[To do] Of the material below, the lines to be retyped are those from the line containing "-- A tuple of" through the line containing "pub remembered : c.previous ≡ some old", inclusive; reproduce them exactly.

[The data]
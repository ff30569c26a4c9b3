-- ===== src/Collector/Caddy/Continuity.antt =====
-- When the Caddy collector's counters continue (internal/collector/caddy.go).
use statlite.Result.{Result, ok, err}
use statlite.Float.{Float64}
use statlite.Time.{Time}
use statlite.Collector.Model.{CollectionResult, MetricKind, add_sample, add_event}
use statlite.Bytes.{Bytes, bytes_eq}
use statlite.Prometheus.{Limits}
use statlite.Prometheus.Samples.{FloatText}
use statlite.Collector.Caddy.{
  CaddyTuple, CaddyPopulation, CaddyTotals, CaddyError, find_tuple, totals,
}
use statlite.Collector.Caddy.Collect.{
  CaddyCollector, Response, CollectError, not_configured, not_observed, population_invalid,
  has_dropped, any_dropped, is_break, add_totals, is_configured, no_tuples, with_totals,
  with_population, collect, scrape, empty_result,
}
use statlite.Prelude.{
  ◌≢◌, String, ◌≡◌, refl, sym, ◌∙◌, ◌↔◌, inl, inr, true, false, not, ◌||◌, Option, none, some, List,
  [], ◌∷◌, arith, Bool-cases, Option-cases, All,
}

module _ {F : Type 0} ⦃fl : Float64 F⦄ where
  -- A tuple of the last population is still there, with no lower count and sum.
  abbrev pub IsKept : List (Bytes × CaddyTuple F) → Bytes × CaddyTuple F → Type 0
  IsKept tuples (key, old) =
      (current : CaddyTuple F) × (find_tuple key tuples ≡ some current)
      × (fl.flt current.count old.count ≡ false)
      × (fl.flt current.sum old.sum ≡ false)

  has_dropped-IsKept :
      (old : CaddyTuple F) (o : Option (CaddyTuple F))
      → has_dropped old o ≡ false
      → (current : CaddyTuple F) × (o ≡ some current)
        × (fl.flt current.count old.count ≡ false)
        × (fl.flt current.sum old.sum ≡ false)
  has_dropped-IsKept old none h = cc
  has_dropped-IsKept old (some current) h = (current, refl, ground arith, ground arith)

  any_dropped-IsKept :
      (previous tuples : List (Bytes × CaddyTuple F))
      → (any_dropped previous tuples ≡ false) ↔ All (IsKept tuples) previous
  unfolding any_dropped
  any_dropped-IsKept [] tuples = (λ _. tt, λ _. refl)
  any_dropped-IsKept ((key, old) ∷ previous) tuples = (
    λ h. (
      has_dropped-IsKept old (find_tuple key tuples) (ground arith),
      (any_dropped-IsKept previous tuples).0 (ground arith),
    ),
    λ h. let (current, e, c, s) = h.0 in rw (e, c, s) ((any_dropped-IsKept previous tuples).1 h.1),
  )

  add_sample-break :
      (r : CollectionResult F) (key : String) (kind : MetricKind) (value : F) (unit : String)
      → (add_sample r key kind value unit).counter_continuity_break ≡ r.counter_continuity_break
  unfolding add_sample
  add_sample-break r key kind value unit = ground arith

  add_totals-break :
      (r : CollectionResult F) (t : CaddyTotals F)
      → (add_totals r t).counter_continuity_break ≡ r.counter_continuity_break
  unfolding add_totals
  add_totals-break r t =
      add_sample-break _ _ _ _ _
      ∙ add_sample-break _ _ _ _ _
      ∙ add_sample-break _ _ _ _ _
      ∙ add_sample-break _ _ _ _ _
      ∙ add_sample-break _ _ _ _ _

  -- The counters of the last population continue in one that was found.
  pub record IsContinued (c : CaddyCollector F) (p : CaddyPopulation F) : Type 0 where
    pub old : List (Bytes × CaddyTuple F)
    pub remembered : c.previous ≡ some old
    pub same_server : bytes_eq c.server p.server ≡ true
    pub all_kept : All (IsKept p.tuples) old

  -- A success: what was found is remembered, continuous or not, and continuity is told exactly.
  pub record IsRemembered (found : Result CollectError (CaddyPopulation F)) (c d : CaddyCollector F)
      (r : CollectionResult F) : Type 0 where
    pub population : CaddyPopulation F
    pub was_found : found ≡ ok population
    pub has_tuples : population.tuples ≢ []
    pub memory : d ≡ record c { previous = some population.tuples; server = population.server }
    pub continuity : (r.counter_continuity_break ≡ false) ↔ IsContinued c population

  -- Why a collection fails.
  pub data IsFailure (found : Result CollectError (CaddyPopulation F)) (c : CaddyCollector F)
      : CollectError → Type 0 where
    unconfigured : is_configured c ≡ false → IsFailure found c not_configured
    unread : {e : CollectError} → found ≡ err e → IsFailure found c e
    unobserved :
        (p : CaddyPopulation F) → found ≡ ok p → p.tuples ≡ [] → IsFailure found c not_observed
    invalid :
        {e : CaddyError} (p : CaddyPopulation F)
        → found ≡ ok p
        → totals p ≡ err e
        → IsFailure found c (population_invalid e)

  -- What a collection that found a population, or an error, leaves behind.
  abbrev pub Remembers :
      Result CollectError (CaddyPopulation F)
      → CaddyCollector F
      → CaddyCollector F × CollectionResult F × Option CollectError
      → Type 0
  Remembers found c (d, r, some e) =
      IsFailure found c e × (d ≡ record c { previous = none; server = [] }) × (r.samples ≡ [])
  Remembers found c (d, r, none) = IsRemembered found c d r

  -- The memory and the continuity of a success.
  is_break-IsContinued :
      (c : CaddyCollector F) (p : CaddyPopulation F) → (is_break c p ≡ false) ↔ IsContinued c p
  is_break-IsContinued c p = elim (Option-cases c.previous) [
    | inl e ↦ (λ h. cc (sym (rw e at h)), λ k. absurd (let r = k.remembered in ground arith))
    | inr (old, e) ↦ (
      λ h.
          let h' : (not (bytes_eq c.server p.server) || any_dropped old p.tuples) ≡ false =
            rw e at h in
          record {
            old = old;
            remembered = e;
            same_server = ground arith;
            all_kept = (any_dropped-IsKept old p.tuples).0 (ground arith);
          },
      λ k.
          let kept = (any_dropped-IsKept k.old p.tuples).1 k.all_kept in
          rw (k.remembered) (rw (k.same_server) kept),
    )
  ]

  no_tuples-nil : (tuples : List (Bytes × CaddyTuple F)) → no_tuples tuples ≡ false → tuples ≢ []
  no_tuples-nil [] h = cc h
  no_tuples-nil (_ ∷ _) h = λ e. cc e

  nil-no_tuples : (tuples : List (Bytes × CaddyTuple F)) → no_tuples tuples ≡ true → tuples ≡ []
  nil-no_tuples [] h = refl
  nil-no_tuples (_ ∷ _) h = cc

  with_totals-Remembers :
      (text : CollectError → String) (c : CaddyCollector F) (r : CollectionResult F)
      (p : CaddyPopulation F) (t : Result CaddyError (CaddyTotals F))
      → totals p ≡ t
      → r.samples ≡ []
      → p.tuples ≢ []
      → Remembers (ok p) c (with_totals text c r p t)
  unfolding add_event
  with_totals-Remembers text c r p (err e) i h _ = (invalid p refl i, refl, h)
  with_totals-Remembers text c r p (ok t) i h k = record {
    population = p;
    was_found = refl;
    has_tuples = k;
    memory = refl;
    continuity =
        rw (add_totals-break (record r { counter_continuity_break = is_break c p }) t)
          (is_break-IsContinued c p);
  }

  with_population-Remembers :
      (text : CollectError → String) (c : CaddyCollector F) (r : CollectionResult F)
      (s : Result CollectError (CaddyPopulation F))
      → r.samples ≡ []
      → Remembers s c (with_population text c r s)
  unfolding add_event
  with_population-Remembers text c r (err e) h = (unread refl, refl, h)
  with_population-Remembers text c r (ok p) h = elim (Bool-cases (no_tuples p.tuples)) [
    | inl e ↦ rw e (unobserved p refl (nil-no_tuples p.tuples e), refl, h)
    | inr e ↦ rw e (with_totals-Remembers text c r p (totals p) refl h (no_tuples-nil p.tuples e))
  ]

module _ {F : Type 0} ⦃fl : Float64 F⦄ ⦃ft : FloatText F⦄ where
  -- A Caddy collection fails only if it is not configured, its answer is not read, or the population
  -- found is empty or has no totals; then no population and no server is remembered and no sample is
  -- reported. One that succeeded found a population with tuples in the endpoint's answer, and
  -- remembers just its tuples and its server, whether the counters continue or not. Its counters
  -- are reported as continuous exactly if a population was remembered before it, of the same
  -- server, each of whose tuples is in the new population with a count and a sum that are not lower.
  -- The rest of the collector is as before in both cases.
  pub collect-Remembers :
      (quote : Bytes → Bytes) (text : CollectError → String) (limits : Limits)
      (started finished : Time) (c : CaddyCollector F) (response : Response)
      → Remembers
          (scrape quote limits c.host response)
          c
          (collect quote text limits started finished c response)
  unfolding collect add_event
  collect-Remembers quote text limits started finished c response =
      elim (Bool-cases (is_configured c)) [
        | inl e ↦ rw e (
            with_population-Remembers text c (empty_result c.target_name started finished)
              (scrape quote limits c.host response) refl)
        | inr e ↦ rw e (unconfigured e, refl, refl)
      ]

[Exercise answer]
  -- A tuple of the last population is still there, with no lower count and sum.
  abbrev pub IsKept : List (Bytes × CaddyTuple F) → Bytes × CaddyTuple F → Type 0
  IsKept tuples (key, old) =
      (current : CaddyTuple F) × (find_tuple key tuples ≡ some current)
      × (fl.flt current.count old.count ≡ false)
      × (fl.flt current.sum old.sum ≡ false)

  has_dropped-IsKept :
      (old : CaddyTuple F) (o : Option (CaddyTuple F))
      → has_dropped old o ≡ false
      → (current : CaddyTuple F) × (o ≡ some current)
        × (fl.flt current.count old.count ≡ false)
        × (fl.flt current.sum old.sum ≡ false)
  has_dropped-IsKept old none h = cc
  has_dropped-IsKept old (some current) h = (current, refl, ground arith, ground arith)

  any_dropped-IsKept :
      (previous tuples : List (Bytes × CaddyTuple F))
      → (any_dropped previous tuples ≡ false) ↔ All (IsKept tuples) previous
  unfolding any_dropped
  any_dropped-IsKept [] tuples = (λ _. tt, λ _. refl)
  any_dropped-IsKept ((key, old) ∷ previous) tuples = (
    λ h. (
      has_dropped-IsKept old (find_tuple key tuples) (ground arith),
      (any_dropped-IsKept previous tuples).0 (ground arith),
    ),
    λ h. let (current, e, c, s) = h.0 in rw (e, c, s) ((any_dropped-IsKept previous tuples).1 h.1),
  )

  add_sample-break :
      (r : CollectionResult F) (key : String) (kind : MetricKind) (value : F) (unit : String)
      → (add_sample r key kind value unit).counter_continuity_break ≡ r.counter_continuity_break
  unfolding add_sample
  add_sample-break r key kind value unit = ground arith

  add_totals-break :
      (r : CollectionResult F) (t : CaddyTotals F)
      → (add_totals r t).counter_continuity_break ≡ r.counter_continuity_break
  unfolding add_totals
  add_totals-break r t =
      add_sample-break _ _ _ _ _
      ∙ add_sample-break _ _ _ _ _
      ∙ add_sample-break _ _ _ _ _
      ∙ add_sample-break _ _ _ _ _
      ∙ add_sample-break _ _ _ _ _

  -- The counters of the last population continue in one that was found.
  pub record IsContinued (c : CaddyCollector F) (p : CaddyPopulation F) : Type 0 where
    pub old : List (Bytes × CaddyTuple F)
    pub remembered : c.previous ≡ some old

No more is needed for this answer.